An excellent piece in the New York Times argues that Obama has a flawed sense of realism, “For any believer in the trans-Atlantic alliance, liberal interventionism and the overall beneficence of American power, President Obama’s long exposition of his foreign policy to Jeffrey Goldberg in The Atlantic made for pretty depressing reading. In all the thousands of words, the fate of the troubled European Union and NATO merit zero reflection. Allies are mostly portrayed as freeloaders. We learn that Angela Merkel, the German chancellor, is “one of the few foreign leaders Obama respects” (a sentiment only partially reciprocated, at best, if my Berlin soundings are correct). Through several interviews with Goldberg, Obama emerges as a realist and an internationalist, in that order, dismissive of the notion that he has undermined American credibility in the world, resolute in defence of his inaction in Syria, skeptical of interventionism, unsentimental about Europe (and most things), and more inclined to view climate change as an existential threat than terrorism. Obama tells Goldberg, “We have history in Iran, we have history in Indonesia and Central America. So we have to be mindful of our history when we start talking about intervening.” There is truth to these words. Yet, coming from an American president, they are unusual. Reference to American-backed coups serving strongmen in far-flung lands is not the usual Oval Office fare of America-as-beacon”.
The author goes on to argue “In electing Obama, a chastened United States chose a left-leaning intellectual. It chose a man sobered by history, childhood years in Indonesia and African-American suffering, disinclined by temperament and experience to beat the drum of American patriotism. This was a radical departure. The chest-thumping American irredentism symbolized by Donald Trump is in part a reaction to Obama’s 21st-century realism. Trump is theater to Obama’s theory, saber rattling to sobriety, America-first to America-in-the-world. After two unsuccessful post 9/11 wars, Obama’s restraint was needed. But did he take it too far in Syria, where close to half-a-million people are now dead and nearly 5 million have fled — horrific unmentioned numbers? Above all, did his decision in August 2013 not to uphold with force his “red line” on the Syrian regime’s use of chemical weapons sound the death knell of American credibility, consolidate President Bashar al-Assad and empower President Putin? “I’m very proud of this moment,” Obama insists”.

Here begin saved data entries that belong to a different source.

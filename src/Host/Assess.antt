-- ===== src/Host/Assess.antt =====
-- The `try` statement of `execute_attempt` of src/prompt_performance_engine/frontier_host.py: what
-- the attempt is taken for, and what is charged.
use prompt_performance_engin.Prelude.{
  ℕ, min, max, Bool, true, false, String, str_eq, contains, Option, none, some, List, if◌then◌else◌,
}
use prompt_performance_engin.Prelude.Result.{Result, ok, err}
use prompt_performance_engin.Prelude.Value.{Value}
use prompt_performance_engin.Prelude.Text.{is_sha256}
use prompt_performance_engin.Budget.Amounts.{Amounts, tabulate, wall_clock_ms, max_budget_value}
use prompt_performance_engin.Host.Attempt.{
  Digests, Dispatched, RunnerOutcome, VerifierAnswer, returned, returned_other, raised_invalid,
  timed_out, raised, stopped, answered, verifier_raised, verifier_stopped,
}
use prompt_performance_engin.Host.Checking.{Checked, Invalid, check_result}

-- What the `try` statement leaves in the variables. `receipt` is also what makes the usage
-- authoritative; `text` is that of `result`.
pub record Assessment : Type 0 where
  pub provider_status : String
  pub failure_code : Option String
  pub response_sha256 : Option String
  pub receipt : Option String
  pub charged : Amounts
  pub text : Option String
  pub is_interrupted : Bool

-- An `except` clause.
unfoldable pub failed : String → String → Option String → Amounts → Bool → Assessment
failed status code response_sha256 charged is_interrupted = record {
  provider_status = status;
  failure_code = some code;
  response_sha256 = response_sha256;
  receipt = none;
  charged = charged;
  text = none;
  is_interrupted = is_interrupted;
}

-- The rest of the `try` statement, by what is missing for a receipt, or by the receipt.
unfoldable pub unverified : Checked → String → Amounts → String → Assessment
unverified c digest charged code = record {
  provider_status = c.status;
  failure_code = some code;
  response_sha256 = some digest;
  receipt = none;
  charged = charged;
  text = some c.text;
  is_interrupted = false;
}

unfoldable pub verified : Checked → String → Amounts → String → Assessment
verified c digest charged receipt = record {
  provider_status = c.status;
  failure_code = if str_eq c.status "success" then none else some c.status;
  response_sha256 = some digest;
  receipt = some receipt;
  charged = charged;
  text = some c.text;
  is_interrupted = false;
}

unfoldable pub assess_receipt :
    Checked → String → Amounts → VerifierAnswer → List String → Assessment
unfolding unverified verified failed
assess_receipt c digest charged (answered (Value.str receipt)) receipts =
    if is_sha256 receipt
    then (if contains receipt receipts
        then unverified c digest charged "receipt_reused"
        else verified c digest charged receipt)
    else unverified c digest charged "receipt_unverified"
assess_receipt c digest charged (answered value) receipts =
    unverified c digest charged "receipt_unverified"
assess_receipt c digest charged verifier_raised receipts =
    unverified c digest charged "receipt_unverified"
assess_receipt c digest charged verifier_stopped receipts =
    failed "cancelled_after_call" "host_interrupted" (some digest) charged true

-- The usage that a result reports, with the time that the host has observed.
unfoldable pub reported_usage : Checked → ℕ → Amounts
reported_usage c observed = tabulate 1 c.input_tokens c.output_tokens c.money_microunits observed

unfoldable pub assess_result :
    Digests
    → (Value → String → VerifierAnswer)
    → Dispatched
    → ℕ
    → List String
    → Result Invalid Checked
    → Assessment
unfolding failed
assess_result digests verify d observed receipts (ok c) =
    let charged = reported_usage c observed in
    let digest = digests.response_sha256 c.text in
    assess_receipt c digest charged
      (verify c.receipt_evidence (digests.context_sha256 d.request digest c.status charged))
      receipts
assess_result digests verify d observed receipts (err e) =
    failed "malformed" "invalid_provider_result" none d.component.maximums false

unfoldable pub assess :
    Digests
    → (Value → String → VerifierAnswer)
    → Dispatched
    → ℕ
    → List String
    → RunnerOutcome
    → Assessment
unfolding failed
assess digests verify d observed receipts (returned r) =
    assess_result digests verify d observed receipts (check_result d.request r)
assess digests verify d observed receipts returned_other =
    failed "malformed" "invalid_provider_result" none d.component.maximums false
assess digests verify d observed receipts raised_invalid =
    failed "malformed" "invalid_provider_result" none d.component.maximums false
assess digests verify d observed receipts timed_out =
    failed "timeout" "provider_timeout" none d.component.maximums false
assess digests verify d observed receipts raised =
    failed "failure" "provider_exception" none d.component.maximums false
assess digests verify d observed receipts stopped =
    failed "cancelled_after_call" "host_interrupted" none d.component.maximums true

-- Without a receipt the whole reservation is charged, and at least the time observed.
unfoldable pub final_charge : Dispatched → ℕ → Option String → Amounts → Amounts
final_charge d observed (some receipt) charged axis = charged axis
final_charge d observed none charged wall_clock_ms =
    max (d.component.maximums wall_clock_ms) observed
final_charge d observed none charged axis = d.component.maximums axis

-- `min(MAX_RESOURCE_VALUE, elapsed)`, or the fallback when the clock fails.
unfoldable pub observed_time : Dispatched → Option ℕ → ℕ
observed_time d none = d.component.maximums wall_clock_ms
observed_time d (some elapsed) = min max_budget_value elapsed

The writer asks pointedly, “Proud? It is possible to believe that the situation in Syria would be worse if Obama had followed through with punitive strikes. It is possible to believe that ISIS would have emerged, seized vast territory, beheaded Americans, rattled Paris and struck through sympathizers in San Bernardino anyway. It is possible to believe that Putin would have annexed Crimea anyway. It is possible to believe that Putin would have started a war in eastern Ukraine anyway. It is possible to believe that Assad would be stronger as a result of Russia’s military intervention anyway. It is possible to believe that Saudi “Obama-is-a-Shiite-in-the-pocket-of-Iran” derangement syndrome and Saudi war in Yemen would have occurred anyway. It is possible to believe that more than a million Syrian refugees would have shaken Europe anyway. It is possible to believe the moon is a balloon. But the weight of evidence is that Obama’s Syrian wobble was a terrible error. The president is portrayed mocking the foreign policy establishment’s “fetish of ‘credibility.”’ But it’s American military credibility that, over decades, stopped Soviet tanks pouring through the Fulda Gap. It is American credibility that has underwritten the “less violent, more tolerant” world to which Obama alludes. His dismissal of credibility is ahistorical and dangerous. Secretary of State John Kerry was right when he said that actors around the word were “watching to see if Syria can get away with it, because then maybe they too can put the world at greater risk.” Syria got away with it. The world was put at greater risk”.
The piece continues “Goldberg writes that Obama believes Churchill’s “eloquently rendered bellicosity” was “justified by Hitler’s rise.” Good to know. Even if Assad did not meet the do-something test. The thing about pendulums is they swing too far. Obama is right on many fronts. He’s right that Iran and Saudi Arabia need to “institute some sort of cold peace.” Right to conclude the Iran nuclear deal, open to Cuba, clinch the Paris climate accord and back free trade with Asia. But his cool realism has been disastrous in Syria and damaging to Europe. It also failed to seize tantalizing opportunities for liberty and democracy in Iran and Egypt. The greatest liberation movement since 1989 — the Arab Awakening — withered on his watch”.
He concludes “Obama concedes that he has not been attentive enough to “emotions” in politics. He thinks the best argument against his foreign policy is that he has failed to “exploit ambiguity enough,” the kind of ambiguity that allows people to believe “this guy might be a little crazy.” That, of course, would not be a problem with a President Trump — who would also make Americans and the world deeply nostalgic for Obama’s deeply flawed realism”.